La compagnie aérienne irlandaise à bas prix Ryanair a lancé jeudi une offre d'achat hostile de 1,481 milliard d'euros sur sa compatriote Aer Lingus, une offensive surprise moins d'une semaine après l'entrée en Bourse de cette dernière.

La compagnie aérienne irlandaise à bas prix Ryanair a lancé jeudi une offre d'achat hostile de 1,481 milliard d'euros sur sa compatriote Aer Lingus, une offensive surprise moins d'une semaine après l'entrée en Bourse de cette dernière.

Ryanair a acquis 16% de la compagnie au trèfle sur le marché et proposé de racheter le reste à 2,80 euros par action, soit une prime de 27% par rapport à son prix d'introduction il y a quelques jours.

Cette offre a fait s'envoler le cours du titre Aer Lingus, qui gagnait plus de 15% en fin de séance à 2,90 euros à la Bourse de Dublin, tandis que Ryanair cédait 0,80% à 8,63 euros.

Aer Lingus a rejeté l'offre de Ryanair, en la jugeant "opportuniste", insuffisante et risquée en matière de concurrence.

Le directeur général de Ryanair, Michael O'Leary, a estimé au contraire que son offre représentait pour l'Irlande "une occasion unique de former un groupe aérien fort". Il a assuré que les deux compagnies continueraient à opérer séparément et à se faire concurrence sur les routes qu'elles ont en commun, soit actuellement 17 sur un total de 500.

"Si Ryanair devait racheter Aer Lingus, je crois que la Commission européenne y regarderait de près", a cependant déclaré Sean O'Neachtain, député européen et membre de la Commission des Transports du Parlement de Strasbourg.

Un avis partagé par la banque ABN Amro, qui a calculé que la nouvelle compagnie détiendrait 78% du marché irlandais, et jugé que le montage proposé pourrait être très difficilement accepté en Irlande, au Royaume-Uni et dans le reste de l'Union européenne.

Le gouvernement irlandais a fraîchement accueilli la proposition également.

Le Premier ministre, Bertie Ahern, a réaffirmé devant le parlement que le gouvernement ne vendrait pas sa part dans Aer Lingus, actuellement de 28,3%, et qu'il restait "fermement attaché à la concurrence sur le marché aérien".

Les syndicats, inquiets de voir les conditions de travail très décriées de Ryanair s'étendre à Aer Lingus, étaient furieux.

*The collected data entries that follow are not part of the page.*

-- ===== src/Http/Trusted.antt =====
-- What the parser of the upgrade request has gathered, as its headers say it.
use php_websocket.Base.{
  ◌≡◌, refl, ap, sym, subst, ◌∙◌, Bool, true, false, Option, none, some, List, [], ◌∷◌, ◌++◌, Bytes,
  length, ◌==◌, is_some, Bool-cases, inl, inr, arith,
}
use php_websocket.Http.Words.{
  upgrade_name, connection_name, version_name, key_name, protocol_name, websocket_token,
  upgrade_token, version_13,
}
use php_websocket.Http.Text.{trim, equals_ci, split_commas, header_contains_token}
use php_websocket.Http.Asked.{
  says, values, says_hit, says_skip, values_hit, values_skip, other_name,
}
use php_websocket.Http.Tokens.{
  select_subprotocol, select_from, select_token, validate_subprotocol_token, is_in,
}
use php_websocket.Http.Upgrade.{
  Upgrade, check_decoded, validate_key, with_key, with_subprotocol, apply_header,
}

-- What the headers Upgrade, Connection and Sec-WebSocket-Version must say.
abbrev pub names_websocket : Bytes → Bool
names_websocket value = header_contains_token value websocket_token

abbrev pub names_upgrade : Bytes → Bool
names_upgrade value = header_contains_token value upgrade_token

abbrev pub is_13 : Bytes → Bool
is_13 value = equals_ci value version_13

module _ (supported : List Bytes) (base64_decode : Bytes → Option Bytes)
    (accept_of : Bytes → Bytes) where
  -- The accept key is that of the one key, which decodes to 16 bytes; without an accept key there
  -- is no key.
  abbrev pub IsAccept : Option Bytes → List Bytes → Type 0
  IsAccept none keys = keys ≡ []
  IsAccept (some accept) keys =
      (key : Bytes) × (decoded : Bytes) × (keys ≡ key ∷ [])
      × (base64_decode key ≡ some decoded)
      × (length decoded ≡ 16)
      × (accept ≡ accept_of key)

  -- The subprotocol is a token that the server supports.
  abbrev pub IsSelected : Option Bytes → Type 0
  IsSelected none = Unit
  IsSelected (some name) = (is_in name supported ≡ true) × (validate_subprotocol_token name ≡ true)

  -- The flags are what the headers so far say.
  abbrev pub Flags : Upgrade → List (Bytes × Bytes) → Type 0
  Flags u headers =
      (u.has_upgrade ≡ says upgrade_name names_websocket headers)
      × (u.has_connection ≡ says connection_name names_upgrade headers)
      × (u.has_version ≡ says version_name is_13 headers)

  abbrev pub TrustedFor : List (Bytes × Bytes) → Upgrade → Type 0
  TrustedFor headers u =
      Flags u headers
      × IsAccept u.accept_key (values key_name headers)
      × IsSelected u.selected_subprotocol

  abbrev pub Trusted : Upgrade → Type 0
  Trusted u = TrustedFor u.headers u

  abbrev pub TrustedIf : Option Upgrade → Type 0
  TrustedIf none = Unit
  TrustedIf (some u) = Trusted u

  abbrev IsSelectedIf : Option (Option Bytes) → Type 0
  IsSelectedIf none = Unit
  IsSelectedIf (some selected) = IsSelected selected

  select_token-IsSelected :
      (selected : Option Bytes) (token : Bytes)
      → IsSelected selected
      → validate_subprotocol_token token ≡ true
      → IsSelected (select_token supported selected token)
  select_token-IsSelected (some name) token h v = h
  select_token-IsSelected none token h v = elim (Bool-cases (is_in token supported)) [
    | inl t ↦ rw t (t, v)
    | inr t ↦ rw t tt
  ]

  select_from-IsSelected :
      (parts : List Bytes) (selected : Option Bytes)
      → IsSelected selected
      → IsSelectedIf (select_from supported parts selected)
  unfolding select_from
  select_from-IsSelected [] selected h = h
  select_from-IsSelected (part ∷ parts) selected h =
      elim (Bool-cases (validate_subprotocol_token (trim part))) [
        | inr v ↦ rw v tt
        | inl v ↦ rw v (
            select_from-IsSelected parts (select_token supported selected (trim part))
              (select_token-IsSelected selected (trim part) h v))
      ]

  with_subprotocol-Trusted :
      (u : Upgrade) (r : Option (Option Bytes))
      → Trusted u
      → IsSelectedIf r
      → TrustedIf (with_subprotocol supported base64_decode accept_of u r)
  with_subprotocol-Trusted u none h k = tt
  with_subprotocol-Trusted u (some selected) h k = (h.0, h.1, k)

  -- A header of another name leaves what the headers say.
  module _ (u : Upgrade) (name value : Bytes) where
    abbrev more : List (Bytes × Bytes)
    more = u.headers ++ ((name, value) ∷ [])

    key_kept :
        equals_ci name key_name ≡ false
        → IsAccept u.accept_key (values key_name u.headers)
        → IsAccept u.accept_key (values key_name more)
    key_kept h k = subst (IsAccept u.accept_key) (values_skip key_name u.headers name value h) k

    upgrade_kept :
        equals_ci name upgrade_name ≡ false
        → u.has_upgrade ≡ says upgrade_name names_websocket u.headers
        → u.has_upgrade ≡ says upgrade_name names_websocket more
    upgrade_kept h k = says_skip upgrade_name u.headers name value names_websocket h k

    connection_kept :
        equals_ci name connection_name ≡ false
        → u.has_connection ≡ says connection_name names_upgrade u.headers
        → u.has_connection ≡ says connection_name names_upgrade more
    connection_kept h k = says_skip connection_name u.headers name value names_upgrade h k

    version_kept :
        equals_ci name version_name ≡ false
        → u.has_version ≡ says version_name is_13 u.headers
        → u.has_version ≡ says version_name is_13 more
    version_kept h k = says_skip version_name u.headers name value is_13 h k

    -- None of the three flags, for a name that is none of the three.
    Flags-kept :
        equals_ci name upgrade_name ≡ false
        → equals_ci name connection_name ≡ false
        → equals_ci name version_name ≡ false
        → Flags u u.headers
        → Flags u more
    Flags-kept a b c f = (upgrade_kept a f.0, connection_kept b f.1, version_kept c f.2)

    check_decoded-Trusted :
        (r : Option Bytes)
        → base64_decode value ≡ r
        → u.accept_key ≡ none
        → equals_ci name key_name ≡ true
        → Flags u more
        → Trusted u
        → TrustedIf (
            with_key supported base64_decode accept_of
              (record u { headers = more })
              (check_decoded supported base64_decode accept_of value r))
    check_decoded-Trusted none e z d f h = tt
    check_decoded-Trusted (some decoded) e z d f h =
        let no_key : values key_name u.headers ≡ [] =
          subst (λ k. IsAccept k (values key_name u.headers)) z h.1 in
        let one : values key_name more ≡ value ∷ [] =
          sym (values_hit key_name u.headers name value d) ∙ ap (λ l. l ++ (value ∷ [])) no_key in
        elim (Bool-cases (length decoded == 16)) [
          | inr t ↦ rw t tt
          | inl t ↦ rw t (f, (value, decoded, one, e, ground arith, refl), h.2)
        ]

    no_key_yet : is_some u.accept_key ≡ false → u.accept_key ≡ none
    no_key_yet h = none_of u.accept_key h
      where
        none_of : (k : Option Bytes) → is_some k ≡ false → k ≡ none
        none_of none e = refl
        none_of (some k) e = absurd (cc)

    differ :
        (a b : Bytes)
        → equals_ci name a ≡ true
        → (length a == length b) ≡ false
        → equals_ci name b ≡ false
    differ a b = other_name name a b

    pub apply_header-Trusted :
        Trusted u
        → TrustedIf (
            apply_header supported base64_decode accept_of (record u { headers = more }) name value)
    unfolding apply_header validate_key select_subprotocol
    apply_header-Trusted h = elim (Bool-cases (equals_ci name upgrade_name)) [
      | inl a ↦ rw a (
        (
          says_hit upgrade_name u.headers name value names_websocket a,
          connection_kept (differ upgrade_name connection_name a refl) h.0.1,
          version_kept (differ upgrade_name version_name a refl) h.0.2,
        ),
        key_kept (differ upgrade_name key_name a refl) h.1,
        h.2,
      )
      | inr a ↦ elim (Bool-cases (equals_ci name connection_name)) [
        | inl b ↦
            rw (a, b)
              (
                (
                  upgrade_kept a h.0.0,
                  says_hit connection_name u.headers name value names_upgrade b,
                  version_kept (differ connection_name version_name b refl) h.0.2,
                ),
                key_kept (differ connection_name key_name b refl) h.1,
                h.2,
              )
        | inr b ↦ elim (Bool-cases (equals_ci name version_name)) [
          | inl c ↦
              rw (a, b, c)
                (
                  (
                    upgrade_kept a h.0.0,
                    connection_kept b h.0.1,
                    says_hit version_name u.headers name value is_13 c,
                  ),
                  key_kept (differ version_name key_name c refl) h.1,
                  h.2,
                )
          | inr c ↦
              let f = Flags-kept a b c h.0 in
              elim (Bool-cases (equals_ci name key_name)) [
                | inl d ↦ elim (Bool-cases (is_some u.accept_key)) [
                  | inl k ↦ rw (a, b, c, d, k) tt
                  | inr k ↦
                      rw (a, b, c, d, k)
                        (check_decoded-Trusted (base64_decode value) refl (no_key_yet k) d f h)
                ]
                | inr d ↦
                    let t : TrustedFor more u = (f, key_kept d h.1, h.2) in
                    elim (Bool-cases (equals_ci name protocol_name)) [
                      | inl p ↦
                          rw (a, b, c, d, p)
                            (with_subprotocol-Trusted (record u { headers = more }) _ t
                              (select_from-IsSelected (split_commas value) u.selected_subprotocol
                                h.2))
                      | inr p ↦ rw (a, b, c, d, p) t
                    ]
              ]
        ]
      ]
    ]

  -- The headers are what they were, on every branch.
  abbrev pub KeepsHeaders : List (Bytes × Bytes) → Option Upgrade → Type 0
  KeepsHeaders headers none = Unit
  KeepsHeaders headers (some u) = u.headers ≡ headers

  with_key-KeepsHeaders :
      (u : Upgrade) (r : Option Bytes)
      → KeepsHeaders u.headers (with_key supported base64_decode accept_of u r)
  with_key-KeepsHeaders u none = tt
  with_key-KeepsHeaders u (some key) = refl

  with_subprotocol-KeepsHeaders :
      (u : Upgrade) (r : Option (Option Bytes))
      → KeepsHeaders u.headers (with_subprotocol supported base64_decode accept_of u r)
  with_subprotocol-KeepsHeaders u none = tt
  with_subprotocol-KeepsHeaders u (some selected) = refl

  pub apply_header-KeepsHeaders :
      (u : Upgrade) (name value : Bytes)
      → KeepsHeaders u.headers (apply_header supported base64_decode accept_of u name value)
  unfolding apply_header
  apply_header-KeepsHeaders u name value = elim (Bool-cases (equals_ci name upgrade_name)) [
    | inl a ↦ rw a refl
    | inr a ↦ elim (Bool-cases (equals_ci name connection_name)) [
      | inl b ↦ rw (a, b) refl
      | inr b ↦ elim (Bool-cases (equals_ci name version_name)) [
        | inl c ↦ rw (a, b, c) refl
        | inr c ↦ elim (Bool-cases (equals_ci name key_name)) [
          | inl d ↦ elim (Bool-cases (is_some u.accept_key)) [
            | inl k ↦ rw (a, b, c, d, k) tt
            | inr k ↦ rw (a, b, c, d, k) (with_key-KeepsHeaders u _)
          ]
          | inr d ↦ elim (Bool-cases (equals_ci name protocol_name)) [
            | inl p ↦ rw (a, b, c, d, p) (with_subprotocol-KeepsHeaders u _)
            | inr p ↦ rw (a, b, c, d, p) refl
          ]
        ]
      ]
    ]
  ]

Jack O'Connor, président de la plus grosse centrale syndicale irlandaise, la Sitpu, a estimé que "tout cela était la conséquence de la décision insensée de privatiser Aer Lingus".

Il a estimé aussi qu'une des motivations de Ryanair était d'acquérir les précieux créneaux horaires d'Aer Lingus à l'aéroport londonien d'Heathrow.

Le gouvernement irlandais a cependant indiqué cette semaine qu'en tant qu'actionnaire à plus de 25%, il aurait les moyens de s'opposer à toute cession de créneau qui créerait un intervalle de plus de 90 minutes entre les vols d'Aer Lingus.

L'audace de l'offre a cependant été saluée jeudi, tandis qu'un porte-parole de Ryanair soulignait "que ce n'est pas fréquent qu'une low-cost rachète une compagnie nationale, en général c'est le contraire".

Andrew Fitchie, de la maison de courtage Collins Stewart, qualifiait le pari de "coup de maître". "L'Irlande fait un peu bande à part en Europe actuellement en ayant deux grosses compagnies", a-t-il dit.

Hormis leur nationalité commune, et le fait qu'en raison de difficultés financières, Aer Lingus a adopté elle aussi ces dernières années un profil de low-cost, les deux compagnies sont très différentes.

Avec un chiffre d'affaire de 1,69 milliard d'euros sur son dernier exercice, et plus de 33 millions de passagers en 2005, Ryanair multiplie les ouvertures de lignes court et moyen-courriers en Europe, voire en Afrique du Nord.

Aer Lingus (883 millions d'euros de chiffre d'affaires et 8 millions de passagers en 2005), n'a que 78 routes, mais fait déjà du long-courrier vers les Etats-Unis et Dubaï, ce qui serait totalement nouveau pour Ryanair en cas de fusion.